Au chauffeur du taxi, elle indiqua le Vallon aux Belles. L’homme tenta de la dévisager dans son rétroviseur, mais, ne voyant qu’une forme enveloppée d’étoffe, il conclut qu’il avait à faire à un laideron majuscule et ne tenta pas d’engager la conversation.
Ma Princesse ? L’avait-il reconnue, ou n’était-ce qu’une formule commerciale ? Peu importait, après tout. Elle descendit de la voiture et marcha dans la direction où elle discernait des silhouettes.
Plus elle avançait dans l’allée, plus elle croisait d’hommes, seuls ou en groupes. Certains tentaient de la deviner sous sa cape, d’autres, marchant d’un pas pressé, l’ignoraient.
Des fourrés obscurs montaient des rires, des chuchotements, des soupirs.
Les femmes quant à elles marchaient d’un pas plus lent. Certaines se tenaient immobiles sur le bord de l’allée. Des hommes s’arrêtaient. Des chuchotements s’amorçaient entre les promeneurs, qui se devinaient plus qu’ils ne se voyaient.
Malgré la pénombre, Belle put cependant observer que la plupart de ces femmes étaient fort laides. Elle en éprouva du dégoût, pourtant mêlé de plaisir, assurée qu’elle était de sa propre beauté. Et au fur et à mesure qu’elle avançait, croissait son mépris pour cette laideur populacière.
Mais elle sentit bientôt poindre en elle une frustration : elle était belle, certes, mais voilée comme elle l’était et dans cette obscurité, qui s’en rendait compte ?
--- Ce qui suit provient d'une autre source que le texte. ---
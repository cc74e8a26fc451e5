-- ===== src/Captures/Clearance.antt =====
-- When a capture that was routed may change the owner's data.
use life_os_vnex.Prelude.{
  String, true, false, ◌≡◌, ◌⊎◌, refl, ap, inl, inr, Option, none, some, List, [], ◌∷◌, or_default,
}
use life_os_vnex.Prelude.Text.{member}
use life_os_vnex.Prelude.Json.{Json, Fields, bool, get_or, truthy, ge_float, hundredths}
use life_os_vnex.Prelude.Env.{Env}
use life_os_vnex.State.{Store, find_row, new_id, create_status_event, create_audit_event}
use life_os_vnex.Bus.Effects.{Result-cases}
use life_os_vnex.Policy.{
  Request, PolicyDecision, Verdict, raw_only, review_required, ask_clarification, auto_apply,
  decide_capture_action, action_risk, action_command,
}
use life_os_vnex.Policy.Gates.{IsCleared, auto_apply_iff}
use life_os_vnex.Orchestrator.{Draft}
use life_os_vnex.Captures.{
  CaptureCreate, Received, agent_autonomy, autonomy_of, agent_key, policy_request, announce_route,
  settle_capture, conclude_capture, finish_capture, routed_of,
}
use life_os_vnex.Captures.Granting.{Grants, row-Grants}
use life_os_vnex.Captures.Outcomes.{is_auto, unapplied-IsKept}

Verdict-cases : (v : Verdict) → (v ≡ auto_apply) ⊎ (is_auto v ≡ false)
Verdict-cases auto_apply = inl refl
Verdict-cases raw_only = inr refl
Verdict-cases review_required = inr refl
Verdict-cases ask_clarification = inr refl

-- The request that the policy decides on for a draft, with the autonomy that the agent has in a store.
abbrev request_in : CaptureCreate → Draft → Store → Request
request_in q d s = policy_request q d (autonomy_of (find_row agent_key d.agent_id s.agents))

-- The stored autonomy of the agent of a draft.
abbrev pub stored_level : Draft → Store → Option String
stored_level d s = elim (find_row (λ r. r.id) d.agent_id s.agents) [
  | none ↦ none
  | some r ↦ r.autonomy_level
]

-- What an action of a capture needs to be applied by itself.
pub record IsPermitted (env : Env) (q : CaptureCreate) (d : Draft) (s : Store) : Type 0 where
  pub owner : truthy (get_or "owner_authenticated" (bool true) q.metadata) ≡ true
  pub labelled : member "raw_note" d.intent_labels ≡ false
  pub complete : (d.missing_context ≡ none) ⊎ (d.missing_context ≡ some [])
  pub confident : ge_float d.confidence (hundredths 78) ≡ true
  pub low_risk :
      member
        (action_risk env d.proposed_action)
        ("safe_internal_read" ∷ "reversible_internal_write" ∷ "durable_state_mutation" ∷ [])
      ≡ true
  pub harmless : member d.sensitivity ("finance" ∷ "health" ∷ "family" ∷ "secret" ∷ []) ≡ false
  pub granted : Grants (action_command env d.proposed_action) (stored_level d s)

none_missing : (m : Option (List Json)) → or_default m [] ≡ [] → (m ≡ none) ⊎ (m ≡ some [])
none_missing none h = inl refl
none_missing (some xs) h = inr (ap some h)

cleared-IsPermitted :
    (env : Env) (q : CaptureCreate) (d : Draft) (s : Store)
    → IsCleared env (request_in q d s)
    → IsPermitted env q d s
cleared-IsPermitted env q d s c = record {
  owner = c.owned;
  labelled = c.labelled;
  complete = none_missing d.missing_context c.complete;
  confident = c.confident;
  low_risk = c.low_risk;
  harmless = c.harmless;
  granted =
      row-Grants (action_command env d.proposed_action) (find_row agent_key d.agent_id s.agents)
        c.allowed;
}

module _ (env : Env) (timezone : String) (o : Received) (d : Draft) (meta : Fields) where
  conclude_keeps :
      (policy : PolicyDecision) (interpretation handoff : String) (t : Store)
      → is_auto policy.decision ≡ false
      → (conclude_capture env timezone o d meta policy interpretation handoff t).1.tables ≡ t.tables
  unfolding conclude_capture create_audit_event new_id
  conclude_keeps policy interpretation handoff t h =
      let kept =
        unapplied-IsKept env timezone (routed_of env timezone o interpretation) d policy t h in
      elim (Result-cases
        (settle_capture env timezone (routed_of env timezone o interpretation) d policy t).0) [
          | inl (settled, k) ↦ rw (conclude_capture, k) kept.tables
          | inr (e, k) ↦ rw (conclude_capture, k) kept.tables
        ]

  unapplied_keeps :
      (q : CaptureCreate) (s : Store)
      → is_auto (decide_capture_action env (request_in q d s)).decision ≡ false
      → (finish_capture env timezone q o d meta s).1.tables ≡ s.tables
  unfolding finish_capture agent_autonomy announce_route new_id create_status_event
  unapplied_keeps q s h = conclude_keeps _ _ _ _ h

  -- What follows the routing of a capture leaves the owner's data as they were, or its action is permitted:
  -- the metadata of the capture do not say that its source is not the owner, the draft is no raw note and
  -- misses no context, its confidence is at least 0.78, its risk is one of three and its domain is not
  -- sensitive, and the autonomy that is stored for its agent lists its command: "safe" and "balanced" have
  -- lists of their own, and all else but the three manual levels has the shortest.
  pub change-IsCleared :
      (q : CaptureCreate) (s : Store)
      → ((finish_capture env timezone q o d meta s).1.tables ≡ s.tables) ⊎ IsPermitted env q d s
  change-IsCleared q s =
      elim (Verdict-cases (decide_capture_action env (request_in q d s)).decision) [
        | inl e ↦ inr (cleared-IsPermitted env q d s ((auto_apply_iff env (request_in q d s)).0 e))
        | inr e ↦ inl (unapplied_keeps q s e)
      ]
Pour jouir parfaitement de sa fortune, encore faut-il que les autres la perçoivent ! Car ce n’est pas tout d’être heureux : encore faut-il, pour que le plaisir soit total, que les autres s’en rendent compte !
Une idée lui vint alors.
Elle s’arrêta sous un réverbère et fit un signe au premier homme qui vint à passer. Celui-ci s’approcha d’elle avec un sourire interrogatif.
Belle ne répondit pas.
Elle lui trouva une voix vulgaire et une petite taille déplaisante. Elle regretta que le hasard eût désigné ce passant et non un jeune homme bien fait de sa personne. Mais après tout tant pis ! Il ferait bien l’affaire.
Belle écarta son voile et recula de quelques pas. L’homme parut stupéfait, mais il ne dit rien.
Elle posa son voile à terre, et lentement, quitta un à un ses vêtements. Quand elle fut nue, il s’approcha d’elle et la prit par la main.
Sans la lâcher, il la mena dans un bosquet à l’abri des regards.
Et là, très doucement, il l’étrangla en susurrant à son oreille de jolis mots d’amour.